Среди гостей, кроме Лазарева, были Р.Беспалова и Б.Фондан. Имена других гостей неизвестны. Затем 5 марта Шестовы были приглашены к Гуссерлю на чай, а 8 марта Гуссерль уехал из Парижа. О приглашении 5 марта сам Шестов не говорит в письмах, о нем упомянуто в «Hus- serl-Chronik» на стр.343. О посещении Гуссерля Шестов пишет матери и Герману:
Приезжал к нам, в Париж, профессор Гуссерль, у которого я был осенью, читал тут доклады. Потом был у меня два раза — раз обедал, а раз днем пришел. Очень было интересно — это один из самых замечательных философов в Германии, как Бергсон во Франции. Спроси Германа — он тебе о нем подробно расскажет. Потом был юбилей Милюкова — опять пришлось ходить на его чествования. Так что последние десять дней приходится вести светскую жизнь. Я не очень это люблю, да и некогда. Хорошо, впрочем, что не часто приходится столько бегать. (Матери, [7(?).03.1929]).

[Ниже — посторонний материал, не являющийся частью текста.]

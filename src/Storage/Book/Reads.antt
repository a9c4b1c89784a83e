-- ===== src/Storage/Book/Reads.antt =====
-- The records an opened book reads, crates/attic-storage/src/book.rs, in both modes. What the
-- operating system's files do is a hypothesis: `Holds`.
use attic_shogi.Prelude.{
  ℕ, ◌+◌, ◌*◌, ◌%◌, ◌^◌, ◌≤◌, ◌<◌, ◌≡◌, refl, ap, sym, ◌∙◌, inl, inr, ◌⊎◌, [], none, some, length,
  arith, Bool,
}
use native.Mathlib.Decide.{dec_lt}
use attic_shogi.Prelude.Result.{Result, ok}
use attic_shogi.Storage.Bytes.{Bytes, slice, get_range}
use attic_shogi.Storage.Bytes.Laws.{get_range-in, get_range-out, checked-in}
use attic_shogi.Storage.Book.{
  index_record_size, BookError, IndexEntry, Book, memory, File, filled, unexpected_eof,
  parse_index_entry, read_index_entry, read_at, from_memory, cmp, less, map_some, probe, read_moves,
  decode_moves, move_record_size, has_move_depth,
}
use attic_shogi.Storage.Book.Open.{
  count_field, index_end, header_book, IsHeader, Opened, short, foreign, flagged, overflowing, cut,
  sound, from_memory-Opened,
}
use attic_shogi.Storage.Book.Find.{IsIndex, Found, probe-Found}

-- Record `i` of the index region of the bytes `d`.
unfoldable pub entry_at : Bytes → (i : ℕ) → IndexEntry
unfolding parse_index_entry
entry_at d i = parse_index_entry (slice (index_end i) index_record_size d)

-- The keys of the index ascend.
abbrev pub Ascends : Bytes → Type 0
Ascends d =
    (i j : ℕ) → i < j → j < count_field d → cmp (entry_at d i).packed (entry_at d j).packed ≡ less

pub from_memory-eq-ok :
    {d : Bytes} {b : Book}
    → from_memory d ≡ ok b
    → IsHeader d × (index_end (count_field d) ≤ length d) × (b ≡ header_book d (memory d))
from_memory-eq-ok {d} {b} e = on (from_memory-Opened d) e
  where
    on :
        {r : Result BookError Book}
        → Opened d r
        → r ≡ ok b
        → IsHeader d × (index_end (count_field d) ≤ length d) × (b ≡ header_book d (memory d))
    on (short _) h = cc
    on (foreign _ _) h = cc
    on (flagged _ _ _) h = cc
    on (overflowing _ _ _ _) h = cc
    on (cut _ _) h = cc
    on (sound v w) h = (v, w, cc)

pub from_memory-ok :
    {d : Bytes}
    → IsHeader d
    → index_end (count_field d) ≤ length d
    → from_memory d ≡ ok (header_book d (memory d))
from_memory-ok {d} v w = on (from_memory-Opened d)
  where
    on : {r : Result BookError Book} → Opened d r → r ≡ ok (header_book d (memory d))
    on (short a) = let b = v.whole in absurd (omega arith)
    on (foreign _ a) = absurd (a v.magic)
    on (flagged _ _ a) = absurd (a v.flags)
    on (overflowing _ _ _ a) = let b = v.fits in absurd (omega arith)
    on (cut _ a) = absurd (omega arith)
    on (sound _ _) = refl

-- The offsets of a record of the index do not wrap.
pub offset_lem :
    (n i : ℕ)
    → i < n
    → index_end n < 2 ^ 64
    → ((32 + i * 44) % 2 ^ 64 ≡ 32 + i * 44) × ((32 + i * 44 + 44) % 2 ^ 64 ≡ 32 + i * 44 + 44)
offset_lem n i h f = (omega arith, omega arith)

pub read_index_entry-memory :
    (d : Bytes)
    → IsHeader d
    → index_end (count_field d) ≤ length d
    → (i : ℕ) → i < count_field d
    → read_index_entry (header_book d (memory d)) i ≡ ok (some (entry_at d i))
unfolding read_index_entry entry_at
read_index_entry-memory d v w i h =
    let (p, q) = offset_lem (count_field d) i h v.fits in
    ap (λ r. ok (map_some parse_index_entry r))
      (ap (λ t. get_range d t ((t + index_record_size) % 2 ^ 64)) p
        ∙ ap (get_range d (index_end i)) q
        ∙ get_range-in d (index_end i) index_record_size (omega arith))

-- A list of moves within the bytes is decoded.
pub read_moves-memory :
    (d : Bytes) (e : IndexEntry)
    → length d < 2 ^ 64
    → (let b = header_book d (memory d) in
        index_end (count_field d) + e.moves_offset + e.move_count * move_record_size b ≤ length d)
    → (let b = header_book d (memory d) in
        read_moves b e
        ≡ ok (
            some (
              decode_moves
                (slice
                  (index_end (count_field d) + e.moves_offset)
                  (e.move_count * move_record_size b)
                  d)
                e.move_count
                (move_record_size b)
                (has_move_depth b))))
unfolding read_moves
read_moves-memory d e small h =
    let b = header_book d (memory d) in
    let start = index_end (count_field d) + e.moves_offset in
    let total = e.move_count * move_record_size b in
    rw
      (
        read_moves,
        checked-in start (omega arith),
        checked-in (start + total) (omega arith),
        get_range-in d start total h,
      )
      refl

pub from_memory-IsIndex :
    {d : Bytes}
    → IsHeader d
    → index_end (count_field d) ≤ length d
    → Ascends d
    → IsIndex (header_book d (memory d)) (entry_at d)
from_memory-IsIndex v w a =
    let f = v.fits in
    record { small = omega arith; reads = read_index_entry-memory _ v w; ascends = a }

-- If bytes open as a book in memory and the keys of its index ascend, a probe gives the answer of
-- the record with the key, and a miss where no record has it.
pub from_memory-Found :
    (d : Bytes) (b : Book)
    → from_memory d ≡ ok b
    → Ascends d
    → (packed : Bytes) (game_ply : ℕ) (ignore : Bool)
    → Found b (entry_at d) packed game_ply ignore (probe b packed game_ply ignore)
from_memory-Found d b e a packed game_ply ignore =
    let (v, w, q) = from_memory-eq-ok e in
    rw q (probe-Found (from_memory-IsIndex v w a) packed game_ply ignore)

-- What a file that holds the bytes `d` does: a seek to an offset of the file system's range
-- succeeds, a read of nothing is filled wherever it starts, and any other read is filled with the
-- bytes there or meets the end of the file.
pub record Holds (d : Bytes) (f : File) : Type 0 where
  pub seek : (offset : ℕ) → offset < 2 ^ 63 → f.seek offset ≡ none
  pub read :
      (offset n : ℕ) → offset + n ≤ length d → f.read_exact offset n ≡ filled (slice offset n d)
  pub read_past :
      (offset n : ℕ) → length d < offset + n → 0 < n → f.read_exact offset n ≡ unexpected_eof
  pub read_none : (offset : ℕ) → f.read_exact offset 0 ≡ filled []

-- A read within the reach of seeks is what the range of the bytes is.
pub read_at_lem :
    {d : Bytes} {f : File}
    → Holds d f
    → (offset n : ℕ) → offset < 2 ^ 63
    → (offset ≤ length d) ⊎ (0 < n)
    → read_at f offset n ≡ ok (get_range d offset (offset + n))
unfolding read_at
read_at_lem {d} {f} v offset n p c = elim (dec_lt (length d) (offset + n)) [
  | no q ↦
      rw (read_at, v.seek offset p, v.read offset n (omega arith))
        (ap ok (sym (get_range-in d offset n (omega arith))))
  | yes q ↦
      rw (read_at, v.seek offset p, v.read_past offset n q (some_bytes c q))
        (ap ok (sym (get_range-out d offset n q)))
]
  where
    some_bytes : (offset ≤ length d) ⊎ (0 < n) → length d < offset + n → 0 < n
    some_bytes (inl a) b = omega arith
    some_bytes (inr a) b = a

Был тут Гуссерль… Ему оказывали всякие почести, но, как он и сам думает, не дали себе труда очень вникать в его доклады. Оно и понятно — чтобы разобрать его, нужно знать его сочинения. Был он у меня два раза. Раз обедал и просидел вечер — я никого не пригласил, и мы беседовали с глазу на глаз, а другой раз я пригласил русских философов — и беседа была общая. Познакомился и с Hering'oM, который, по случаю приезда Гуссерля, тоже приезжал в Париж. Он, видно, был сердит — не успокоился.